(Stored data entries)

····················

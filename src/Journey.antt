-- ===== src/Journey.antt =====
-- `JourneyState` of src/journey.h and src/journey.cpp: the word in which a coroutine (a journey) and
-- the threads that wake it meet. The word is kept as its five flags and its counter, the upper 27
-- bits of an `int`; an atomic operation on the word is one function, which returns the new word and
-- what the caller learns. A compare-and-exchange loop whose rounds touch nothing else is one
-- operation, its last round.
pub mod Threads
pub mod Safety
pub mod Events
pub mod Guards
pub mod Suspend
pub mod Waits
mod Examples
use replob_prototype.Prelude.{
  ℕ, ◌+◌, ◌%◌, ◌^◌, ◌≡◌, Bool, true, false, not, ◌&&◌, ◌||◌, ◌==◌, if◌then◌else◌, Option, none,
  some,
}

-- `FlagEntered`, `FlagEventsEnabled`, `FlagDone`, `FlagCancelled`, `FlagTimedout` and `MaskCounter`
pub record JourneyState : Type 0 where
  pub entered : Bool
  pub events_enabled : Bool
  pub done : Bool
  pub cancelled : Bool
  pub timedout : Bool
  pub counter : ℕ

abbrev pub counter_mod : ℕ
counter_mod = 2 ^ 27

-- `state_` as constructed
abbrev pub constructed : JourneyState
constructed = record {
  entered = true;
  events_enabled = true;
  done = false;
  cancelled = false;
  timedout = false;
  counter = 0;
}

-- The exceptions of include/synca/once/oers.h that a journey throws at itself.
pub data Event : Type 0 where
  cancelled_event timedout_event : Event

-- How a call of the journey on itself ends: with a value, an event thrown, or a failed `VERIFY`.
pub data Outcome : Type 0 where
  returns : Outcome
  raises : Event → Outcome
  verify_fails : Outcome

-- `mayProceed`
unfoldable pub may_proceed : JourneyState → Bool
may_proceed s = s.done || (s.events_enabled && (s.cancelled || s.timedout))

-- `disableEvents`, with whether events were enabled
unfoldable pub disable_events : JourneyState → JourneyState × Bool
disable_events s = (record s { events_enabled = false }, s.events_enabled)

unfoldable pub enable_events : JourneyState → JourneyState
enable_events s = record s { events_enabled = true }

-- `handleRaiseEvents(flags)` at the word `s`
unfoldable pub handle_raise_events : JourneyState → JourneyState → JourneyState × Outcome
handle_raise_events flags s =
    if flags.cancelled
    then (record s { cancelled = false; timedout = false; done = false }, raises cancelled_event)
    else if flags.timedout
    then (record s { timedout = false; done = false }, raises timedout_event)
    else (s, returns)

unfoldable pub enable_events_and_check : JourneyState → JourneyState × Outcome
enable_events_and_check s = handle_raise_events s (enable_events s)

-- the end of `handleEvents`, which an exception skips
unfoldable pub reset_done : JourneyState × Outcome → JourneyState × Outcome
reset_done (s, returns) = (record s { done = false }, returns)
reset_done (s, raises e) = (s, raises e)
reset_done (s, verify_fails) = (s, verify_fails)

unfoldable pub handle_events : JourneyState → JourneyState × Outcome
handle_events s =
    if s.events_enabled
    then (if s.cancelled || s.timedout || s.done
        then reset_done (handle_raise_events s s)
        else (s, verify_fails))
    else (if s.done then reset_done (s, returns) else (s, verify_fails))

-- `done`, with whether it calls `proceed`
unfoldable pub set_done : JourneyState → JourneyState × Bool
set_done s = (record s { done = true; entered = true }, not s.entered)

-- `addRaiseEvent`, with whether it calls `proceed`
unfoldable pub add_raise_event : Event → JourneyState → JourneyState × Bool
add_raise_event cancelled_event s =
    if s.events_enabled
    then (
      record s { cancelled = true; counter = (s.counter + 1) % counter_mod; entered = true },
      not s.entered,
    )
    else (record s { cancelled = true }, false)
add_raise_event timedout_event s =
    if s.events_enabled
    then (
      record s { timedout = true; counter = (s.counter + 1) % counter_mod; entered = true },
      not s.entered,
    )
    else (record s { timedout = true }, false)

-- `acquire`, with its result
unfoldable pub acquire : ℕ → Bool → JourneyState → JourneyState × Bool
acquire old_counter was_events_enabled s =
    if was_events_enabled
    then (if old_counter == s.counter
        then (record s { events_enabled = false }, true)
        else (s, false))
    else (s, true)

-- `releaseAndDone`, with whether it calls `proceed`
unfoldable pub release_and_done : Bool → JourneyState → JourneyState × Bool
release_and_done was_events_enabled s =
    if was_events_enabled
    then (record s { done = true; entered = true; events_enabled = true }, not s.entered)
    else set_done s

-- the two operations of `detachDoers`
unfoldable pub count_up : JourneyState → JourneyState
count_up s = record s { counter = (s.counter + 1) % counter_mod }

unfoldable pub clear_done : JourneyState → JourneyState
clear_done s = record s { done = false }

-- the exchange at the end of `resetEnteredAndCheckEvents`
unfoldable pub reset_entered : JourneyState → JourneyState
reset_entered s = record s { entered = false }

····················

> **Exercise directions**: Extract all of the data shown above without alteration.

> **Exercise output**:
filename src/Journey.antt
-- ===== src/Journey.antt =====
-- `JourneyState` of src/journey.h and src/journey.cpp: the word in which a coroutine (a journey) and
-- the threads that wake it meet. The word is kept as its five flags and its counter, the upper 27
-- bits of an `int`; an atomic operation on the word is one function, which returns the new word and
-- what the caller learns. A compare-and-exchange loop whose rounds touch nothing else is one
-- operation, its last round.
pub mod Threads
pub mod Safety
pub mod Events
pub mod Guards
pub mod Suspend
pub mod Waits
mod Examples
use replob_prototype.Prelude.{
  ℕ, ◌+◌, ◌%◌, ◌^◌, ◌≡◌, Bool, true, false, not, ◌&&◌, ◌||◌, ◌==◌, if◌then◌else◌, Option, none,
  some,
}

-- `FlagEntered`, `FlagEventsEnabled`, `FlagDone`, `FlagCancelled`, `FlagTimedout` and `MaskCounter`
pub record JourneyState : Type 0 where
  pub entered : Bool
  pub events_enabled : Bool
  pub done : Bool
  pub cancelled : Bool
  pub timedout : Bool
  pub counter : ℕ

abbrev pub counter_mod : ℕ
counter_mod = 2 ^ 27

-- `state_` as constructed
abbrev pub constructed : JourneyState
constructed = record {
  entered = true;
  events_enabled = true;
  done = false;
  cancelled = false;
  timedout = false;
  counter = 0;
}

-- The exceptions of include/synca/once/oers.h that a journey throws at itself.
pub data Event : Type 0 where
  cancelled_event timedout_event : Event

-- How a call of the journey on itself ends: with a value, an event thrown, or a failed `VERIFY`.
pub data Outcome : Type 0 where
  returns : Outcome
  raises : Event → Outcome
  verify_fails : Outcome

-- `mayProceed`
unfoldable pub may_proceed : JourneyState → Bool
may_proceed s = s.done || (s.events_enabled && (s.cancelled || s.timedout))

-- `disableEvents`, with whether events were enabled
unfoldable pub disable_events : JourneyState → JourneyState × Bool
disable_events s = (record s { events_enabled = false }, s.events_enabled)

unfoldable pub enable_events : JourneyState → JourneyState
enable_events s = record s { events_enabled = true }

-- `handleRaiseEvents(flags)` at the word `s`
unfoldable pub handle_raise_events : JourneyState → JourneyState → JourneyState × Outcome
handle_raise_events flags s =
    if flags.cancelled
    then (record s { cancelled = false; timedout = false; done = false }, raises cancelled_event)
    else if flags.timedout
    then (record s { timedout = false; done = false }, raises timedout_event)
    else (s, returns)

unfoldable pub enable_events_and_check : JourneyState → JourneyState × Outcome
enable_events_and_check s = handle_raise_events s (enable_events s)

-- the end of `handleEvents`, which an exception skips
unfoldable pub reset_done : JourneyState × Outcome → JourneyState × Outcome
reset_done (s, returns) = (record s { done = false }, returns)
reset_done (s, raises e) = (s, raises e)
reset_done (s, verify_fails) = (s, verify_fails)

unfoldable pub handle_events : JourneyState → JourneyState × Outcome
handle_events s =
    if s.events_enabled
    then (if s.cancelled || s.timedout || s.done
        then reset_done (handle_raise_events s s)
        else (s, verify_fails))
    else (if s.done then reset_done (s, returns) else (s, verify_fails))

-- `done`, with whether it calls `proceed`
unfoldable pub set_done : JourneyState → JourneyState × Bool
set_done s = (record s { done = true; entered = true }, not s.entered)

-- `addRaiseEvent`, with whether it calls `proceed`
unfoldable pub add_raise_event : Event → JourneyState → JourneyState × Bool
add_raise_event cancelled_event s =
    if s.events_enabled
    then (
      record s { cancelled = true; counter = (s.counter + 1) % counter_mod; entered = true },
      not s.entered,
    )
    else (record s { cancelled = true }, false)
add_raise_event timedout_event s =
    if s.events_enabled
    then (
      record s { timedout = true; counter = (s.counter + 1) % counter_mod; entered = true },
      not s.entered,
    )
    else (record s { timedout = true }, false)

-- `acquire`, with its result
unfoldable pub acquire : ℕ → Bool → JourneyState → JourneyState × Bool
acquire old_counter was_events_enabled s =
    if was_events_enabled
    then (if old_counter == s.counter
        then (record s { events_enabled = false }, true)
        else (s, false))
    else (s, true)

-- `releaseAndDone`, with whether it calls `proceed`
unfoldable pub release_and_done : Bool → JourneyState → JourneyState × Bool
release_and_done was_events_enabled s =
    if was_events_enabled
    then (record s { done = true; entered = true; events_enabled = true }, not s.entered)
    else set_done s

-- the two operations of `detachDoers`
unfoldable pub count_up : JourneyState → JourneyState
count_up s = record s { counter = (s.counter + 1) % counter_mod }

unfoldable pub clear_done : JourneyState → JourneyState
clear_done s = record s { done = false }

-- the exchange at the end of `resetEnteredAndCheckEvents`
unfoldable pub reset_entered : JourneyState → JourneyState
reset_entered s = record s { entered = false }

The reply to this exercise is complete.